How many lines in this material include the string "ground"? Answer with the number and nothing further.

━━━━━━

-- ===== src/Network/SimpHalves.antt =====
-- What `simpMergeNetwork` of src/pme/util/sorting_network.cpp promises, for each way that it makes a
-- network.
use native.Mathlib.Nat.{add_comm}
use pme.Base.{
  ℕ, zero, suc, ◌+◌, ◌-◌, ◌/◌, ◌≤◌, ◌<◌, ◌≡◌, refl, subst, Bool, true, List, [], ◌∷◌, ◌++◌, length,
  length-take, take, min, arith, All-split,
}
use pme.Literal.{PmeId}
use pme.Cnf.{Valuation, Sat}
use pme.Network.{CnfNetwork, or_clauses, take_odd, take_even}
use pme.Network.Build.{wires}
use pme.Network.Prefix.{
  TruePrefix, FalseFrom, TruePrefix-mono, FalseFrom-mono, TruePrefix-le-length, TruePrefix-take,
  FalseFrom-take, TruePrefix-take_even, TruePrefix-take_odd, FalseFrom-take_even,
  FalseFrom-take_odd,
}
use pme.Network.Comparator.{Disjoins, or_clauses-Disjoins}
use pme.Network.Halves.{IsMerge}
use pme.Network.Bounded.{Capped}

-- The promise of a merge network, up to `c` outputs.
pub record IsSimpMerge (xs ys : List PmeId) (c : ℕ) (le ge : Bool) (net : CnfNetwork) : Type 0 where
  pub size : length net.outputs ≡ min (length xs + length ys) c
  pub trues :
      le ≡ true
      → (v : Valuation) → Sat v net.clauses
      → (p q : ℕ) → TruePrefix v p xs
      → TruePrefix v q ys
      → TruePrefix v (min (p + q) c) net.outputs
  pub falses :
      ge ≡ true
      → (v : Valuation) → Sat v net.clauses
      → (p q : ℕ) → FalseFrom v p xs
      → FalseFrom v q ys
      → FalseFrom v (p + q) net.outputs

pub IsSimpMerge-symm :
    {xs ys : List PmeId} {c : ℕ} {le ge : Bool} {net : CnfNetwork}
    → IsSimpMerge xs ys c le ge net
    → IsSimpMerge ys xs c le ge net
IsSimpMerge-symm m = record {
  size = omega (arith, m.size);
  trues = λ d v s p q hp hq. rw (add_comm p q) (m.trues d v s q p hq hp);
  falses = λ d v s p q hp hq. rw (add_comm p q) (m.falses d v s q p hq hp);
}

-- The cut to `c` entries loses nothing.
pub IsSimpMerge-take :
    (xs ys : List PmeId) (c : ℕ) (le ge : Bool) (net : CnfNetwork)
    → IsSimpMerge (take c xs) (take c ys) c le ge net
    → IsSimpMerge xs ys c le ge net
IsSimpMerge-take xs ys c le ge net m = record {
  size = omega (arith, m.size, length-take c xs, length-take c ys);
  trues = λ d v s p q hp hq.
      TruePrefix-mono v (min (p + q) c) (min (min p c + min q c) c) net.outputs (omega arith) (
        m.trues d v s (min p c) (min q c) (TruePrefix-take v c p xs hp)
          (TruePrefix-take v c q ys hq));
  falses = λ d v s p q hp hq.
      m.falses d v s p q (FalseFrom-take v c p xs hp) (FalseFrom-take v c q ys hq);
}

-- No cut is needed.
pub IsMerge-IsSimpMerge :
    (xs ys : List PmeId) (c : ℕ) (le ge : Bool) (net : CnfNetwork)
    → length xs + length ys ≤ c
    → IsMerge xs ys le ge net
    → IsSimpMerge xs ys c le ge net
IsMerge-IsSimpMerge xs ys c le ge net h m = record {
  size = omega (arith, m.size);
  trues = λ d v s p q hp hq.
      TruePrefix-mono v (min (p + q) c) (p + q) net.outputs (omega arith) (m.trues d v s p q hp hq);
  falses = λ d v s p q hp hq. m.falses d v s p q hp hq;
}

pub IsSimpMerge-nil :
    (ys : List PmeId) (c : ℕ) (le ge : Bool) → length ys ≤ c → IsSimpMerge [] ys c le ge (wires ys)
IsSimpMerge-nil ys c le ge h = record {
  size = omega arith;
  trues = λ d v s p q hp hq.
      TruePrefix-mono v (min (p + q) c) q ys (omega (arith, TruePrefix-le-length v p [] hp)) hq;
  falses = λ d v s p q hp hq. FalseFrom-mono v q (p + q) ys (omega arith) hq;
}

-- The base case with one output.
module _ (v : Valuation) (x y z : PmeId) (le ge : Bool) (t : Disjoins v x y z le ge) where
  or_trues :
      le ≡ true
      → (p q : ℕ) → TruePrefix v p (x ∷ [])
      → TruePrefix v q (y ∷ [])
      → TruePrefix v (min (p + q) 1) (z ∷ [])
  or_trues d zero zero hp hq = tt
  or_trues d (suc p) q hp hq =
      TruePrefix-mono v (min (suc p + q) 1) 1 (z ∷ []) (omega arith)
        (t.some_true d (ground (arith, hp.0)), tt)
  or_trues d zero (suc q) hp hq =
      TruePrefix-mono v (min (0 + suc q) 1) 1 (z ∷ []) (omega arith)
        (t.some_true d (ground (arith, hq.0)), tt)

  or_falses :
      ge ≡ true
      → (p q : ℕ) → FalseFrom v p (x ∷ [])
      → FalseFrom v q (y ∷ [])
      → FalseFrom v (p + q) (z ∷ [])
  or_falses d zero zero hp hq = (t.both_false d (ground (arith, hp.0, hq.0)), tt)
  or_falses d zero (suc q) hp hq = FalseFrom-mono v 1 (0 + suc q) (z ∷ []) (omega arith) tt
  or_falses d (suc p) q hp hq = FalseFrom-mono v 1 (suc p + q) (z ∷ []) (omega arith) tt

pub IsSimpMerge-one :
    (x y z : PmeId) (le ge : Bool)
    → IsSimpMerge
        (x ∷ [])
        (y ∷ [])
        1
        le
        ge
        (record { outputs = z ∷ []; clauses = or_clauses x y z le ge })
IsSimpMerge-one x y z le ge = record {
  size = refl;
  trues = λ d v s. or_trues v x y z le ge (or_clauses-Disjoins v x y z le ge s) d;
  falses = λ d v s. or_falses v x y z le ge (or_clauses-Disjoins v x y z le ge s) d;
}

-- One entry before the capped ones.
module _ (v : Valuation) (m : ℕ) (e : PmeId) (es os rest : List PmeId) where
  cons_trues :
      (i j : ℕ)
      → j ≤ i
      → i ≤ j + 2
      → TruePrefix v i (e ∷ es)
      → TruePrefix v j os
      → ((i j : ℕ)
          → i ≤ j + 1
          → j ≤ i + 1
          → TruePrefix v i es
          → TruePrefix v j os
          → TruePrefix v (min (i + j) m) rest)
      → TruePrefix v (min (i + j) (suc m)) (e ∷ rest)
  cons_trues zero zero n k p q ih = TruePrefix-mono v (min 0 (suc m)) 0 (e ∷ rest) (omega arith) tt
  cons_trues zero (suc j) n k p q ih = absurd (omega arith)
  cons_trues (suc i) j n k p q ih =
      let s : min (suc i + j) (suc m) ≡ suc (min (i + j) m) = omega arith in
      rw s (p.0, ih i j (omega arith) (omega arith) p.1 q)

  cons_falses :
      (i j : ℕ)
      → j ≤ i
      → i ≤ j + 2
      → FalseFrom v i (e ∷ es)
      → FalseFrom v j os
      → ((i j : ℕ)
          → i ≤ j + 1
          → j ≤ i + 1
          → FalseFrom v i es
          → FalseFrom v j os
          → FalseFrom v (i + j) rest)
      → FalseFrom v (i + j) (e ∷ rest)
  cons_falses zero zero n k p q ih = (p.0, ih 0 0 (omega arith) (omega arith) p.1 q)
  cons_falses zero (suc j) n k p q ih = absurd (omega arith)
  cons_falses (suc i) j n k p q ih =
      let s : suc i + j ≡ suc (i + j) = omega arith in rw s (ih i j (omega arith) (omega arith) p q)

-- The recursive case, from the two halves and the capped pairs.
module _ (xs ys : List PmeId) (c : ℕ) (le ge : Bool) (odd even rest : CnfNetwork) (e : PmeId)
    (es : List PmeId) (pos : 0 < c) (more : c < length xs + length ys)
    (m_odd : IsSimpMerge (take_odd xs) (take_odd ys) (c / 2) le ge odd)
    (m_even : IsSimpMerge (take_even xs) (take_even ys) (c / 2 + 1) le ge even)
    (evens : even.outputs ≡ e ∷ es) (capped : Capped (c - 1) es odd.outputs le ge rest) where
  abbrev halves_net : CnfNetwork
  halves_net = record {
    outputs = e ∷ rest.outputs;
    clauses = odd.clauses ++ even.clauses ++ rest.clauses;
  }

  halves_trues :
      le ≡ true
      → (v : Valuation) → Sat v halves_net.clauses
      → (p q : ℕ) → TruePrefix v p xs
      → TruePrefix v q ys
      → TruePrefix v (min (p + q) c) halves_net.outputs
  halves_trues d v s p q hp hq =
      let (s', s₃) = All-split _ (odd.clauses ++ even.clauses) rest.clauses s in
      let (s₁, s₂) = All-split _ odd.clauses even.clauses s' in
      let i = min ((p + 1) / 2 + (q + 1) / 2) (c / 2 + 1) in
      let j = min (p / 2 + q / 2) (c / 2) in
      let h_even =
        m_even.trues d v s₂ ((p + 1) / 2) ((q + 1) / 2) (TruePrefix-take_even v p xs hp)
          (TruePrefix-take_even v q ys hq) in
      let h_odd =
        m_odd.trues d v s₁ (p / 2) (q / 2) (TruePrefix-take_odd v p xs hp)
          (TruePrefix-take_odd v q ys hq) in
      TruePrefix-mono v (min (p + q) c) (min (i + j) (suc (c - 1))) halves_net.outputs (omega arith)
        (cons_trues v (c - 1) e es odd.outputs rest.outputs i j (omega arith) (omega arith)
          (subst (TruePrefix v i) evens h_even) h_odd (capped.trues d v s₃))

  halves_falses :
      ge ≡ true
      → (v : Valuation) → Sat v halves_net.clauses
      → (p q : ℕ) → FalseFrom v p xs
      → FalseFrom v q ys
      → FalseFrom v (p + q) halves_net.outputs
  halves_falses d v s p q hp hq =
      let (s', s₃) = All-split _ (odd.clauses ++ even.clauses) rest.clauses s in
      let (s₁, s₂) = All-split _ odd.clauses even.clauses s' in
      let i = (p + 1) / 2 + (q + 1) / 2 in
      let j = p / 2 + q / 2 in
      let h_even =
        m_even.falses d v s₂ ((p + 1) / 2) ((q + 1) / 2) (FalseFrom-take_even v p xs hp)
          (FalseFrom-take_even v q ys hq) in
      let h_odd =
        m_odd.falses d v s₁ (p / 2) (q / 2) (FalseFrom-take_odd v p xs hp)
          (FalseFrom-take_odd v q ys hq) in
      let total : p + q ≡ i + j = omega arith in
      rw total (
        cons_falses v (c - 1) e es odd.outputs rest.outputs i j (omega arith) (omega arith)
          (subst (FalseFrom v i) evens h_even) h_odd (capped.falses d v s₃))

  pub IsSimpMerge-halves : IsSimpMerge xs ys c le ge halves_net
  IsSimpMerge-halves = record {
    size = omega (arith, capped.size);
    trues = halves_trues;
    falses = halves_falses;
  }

━━━━━━

§ OUTPUT OF THE TASK
3